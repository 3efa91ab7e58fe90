-- ===== src/Lower/UnsignedIcmp.antt =====
-- lib/Transforms/LowerUnsignedICmp.cc: ULT and ULE by signed comparisons and branches.
use clam.Prelude.{
  ℕ, Bool, true, false, ◌&&◌, ◌||◌, List, [], ◌∷◌, ◌++◌, Option, none, some, if◌then◌else◌, ltb,
}
use clam.Llvm.{
  Predicate, icmp_ugt, icmp_uge, icmp_ult, icmp_ule, icmp_sgt, icmp_sge, Icmp, Operand, constant,
  variable, Cmp, Label, cur, bb1, bb2, bb3, bb4, cont, br, br_cmp, Block, get_true, get_false,
  of_block, Fragment,
}

-- mkNonNegative: V sge 0
unfoldable pub mk_non_negative : Operand → Cmp
mk_non_negative v = record { pred = icmp_sge; lhs = v; rhs = constant 0 }

-- isNonNegIntCst
unfoldable pub is_non_neg_int_cst : ℕ → Operand → Bool
is_non_neg_int_cst half (constant k) = ltb k half
is_non_neg_int_cst half (variable x) = false

module _ {half : ℕ} (m : Icmp half) where
  -- I->swapOperands()
  unfoldable pub swap_operands : Cmp → Cmp
  swap_operands c = record { pred = m.swapped c.pred; lhs = c.rhs; rhs = c.lhs }

  -- normalizeCmpInst, by its predicate
  unfoldable pub normalize_by : Predicate → Cmp → Cmp
  unfolding swap_operands
  normalize_by icmp_ugt c = swap_operands c
  normalize_by icmp_sgt c = swap_operands c
  normalize_by icmp_uge c = swap_operands c
  normalize_by icmp_sge c = swap_operands c
  normalize_by _ c = c

  unfoldable pub normalize_cmp_inst : Cmp → Cmp
  unfolding normalize_by
  normalize_cmp_inst c = normalize_by c.pred c

  -- The signed comparison that stands in for the unsigned one.
  unfoldable pub signed_cmp : Cmp → Cmp
  signed_cmp c = record c { pred = m.signed_of c.pred }

  -- One operand is a constant that is not negative: bb1 is tt and bb2 is ff.
  unfoldable pub constant_block : Cmp → Bool → Label → Option Block
  unfolding mk_non_negative signed_cmp
  constant_block c nonneg2 cur = some (record {
    result = none;
    term = br_cmp (mk_non_negative (if nonneg2 then c.lhs else c.rhs)) bb1 bb2;
  })
  constant_block c nonneg2 bb1 = some (record { result = some (signed_cmp c); term = br cont })
  constant_block c nonneg2 bb2 = some (record { result = none; term = br cont })
  constant_block c nonneg2 _ = none

  unfoldable pub lower_constant : Cmp → Bool → Fragment
  unfolding constant_block
  lower_constant c nonneg2 = record {
    block = constant_block c nonneg2;
    phi =
        record { value = of_block; from = bb1 }
        ∷ record { value = if nonneg2 then get_true else get_false; from = bb2 }
        ∷ [];
  }

  -- Both operands are checked.
  unfoldable pub general_block : Cmp → Label → Option Block
  unfolding mk_non_negative signed_cmp
  general_block c cur =
      some (record { result = none; term = br_cmp (mk_non_negative c.lhs) bb1 bb2 })
  general_block c bb1 =
      some (record { result = none; term = br_cmp (mk_non_negative c.rhs) bb3 cont })
  general_block c bb2 =
      some (record { result = none; term = br_cmp (mk_non_negative c.rhs) cont bb4 })
  general_block c bb3 = some (record { result = some (signed_cmp c); term = br cont })
  general_block c bb4 = some (record { result = some (signed_cmp c); term = br cont })
  general_block c cont = none

  unfoldable pub lower_general : Cmp → Fragment
  unfolding general_block
  lower_general c = record {
    block = general_block c;
    phi =
        record { value = get_false; from = bb1 }
        ∷ record { value = get_true; from = bb2 }
        ∷ record { value = of_block; from = bb3 }
        ∷ record { value = of_block; from = bb4 }
        ∷ [];
  }

  -- processUnsignedICmp; none where it returns with nothing changed but the split of the block.
  unfoldable pub process_unsigned_icmp : Cmp → Option Fragment
  unfolding is_non_neg_int_cst lower_constant lower_general
  process_unsigned_icmp c =
      let nonneg1 = is_non_neg_int_cst half c.lhs in
      let nonneg2 = is_non_neg_int_cst half c.rhs in
      if nonneg2 && nonneg1
      then none
      else if nonneg2 || nonneg1
      then some (lower_constant c nonneg2)
      else some (lower_general c)

-- The instructions of a function: a comparison, with whether both its operands have integer type.
pub data Inst : Type 0 where
  cmp_inst : Bool → Cmp → Inst
  other_inst : Inst

unfoldable pub is_unsigned_less : Predicate → Bool
is_unsigned_less icmp_ult = true
is_unsigned_less icmp_ule = true
is_unsigned_less _ = false

module _ {half : ℕ} (m : Icmp half) where
  -- The first loop of runOnFunction normalizes the comparisons in place, and collects those to
  -- lower.
  unfoldable pub normalized : List Inst → List Inst
  unfolding normalize_cmp_inst
  normalized [] = []
  normalized (other_inst ∷ is) = other_inst ∷ normalized is
  normalized (cmp_inst true c ∷ is) = cmp_inst true (normalize_cmp_inst m c) ∷ normalized is
  normalized (cmp_inst false c ∷ is) = cmp_inst false c ∷ normalized is

  unfoldable pub worklist : List Inst → List Cmp
  unfolding normalize_cmp_inst is_unsigned_less
  worklist [] = []
  worklist (other_inst ∷ is) = worklist is
  worklist (cmp_inst true c ∷ is) =
      let c' = normalize_cmp_inst m c in
      let rest = worklist is in if is_unsigned_less c'.pred then c' ∷ rest else rest
  worklist (cmp_inst false c ∷ is) = worklist is

  -- The second loop takes the worklist from its back.
  unfoldable pub process_all : List Cmp → List (Option Fragment)
  unfolding process_unsigned_icmp
  process_all [] = []
  process_all (c ∷ cs) = process_all cs ++ (process_unsigned_icmp m c ∷ [])

  unfoldable pub is_change : List Cmp → Bool
  is_change [] = false
  is_change (c ∷ cs) = true

  -- runOnFunction: the instructions, the fragments in the order they are made, and the result.
  unfoldable pub run_on_function : List Inst → List Inst × List (Option Fragment) × Bool
  unfolding normalized worklist process_all is_change
  run_on_function is = (normalized is, process_all (worklist is), is_change (worklist is))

* Task to complete *
Output exactly what runs from the line with "unfoldable pub worklist" to the final line above, both lines included, and nothing else.

* Completed exercise *
  unfoldable pub worklist : List Inst → List Cmp
  unfolding normalize_cmp_inst is_unsigned_less
  worklist [] = []
  worklist (other_inst ∷ is) = worklist is
  worklist (cmp_inst true c ∷ is) =
      let c' = normalize_cmp_inst m c in
      let rest = worklist is in if is_unsigned_less c'.pred then c' ∷ rest else rest
  worklist (cmp_inst false c ∷ is) = worklist is

  -- The second loop takes the worklist from its back.
  unfoldable pub process_all : List Cmp → List (Option Fragment)
  unfolding process_unsigned_icmp
  process_all [] = []
  process_all (c ∷ cs) = process_all cs ++ (process_unsigned_icmp m c ∷ [])

  unfoldable pub is_change : List Cmp → Bool
  is_change [] = false
  is_change (c ∷ cs) = true

  -- runOnFunction: the instructions, the fragments in the order they are made, and the result.
  unfoldable pub run_on_function : List Inst → List Inst × List (Option Fragment) × Bool
  unfolding normalized worklist process_all is_change
  run_on_function is = (normalized is, process_all (worklist is), is_change (worklist is))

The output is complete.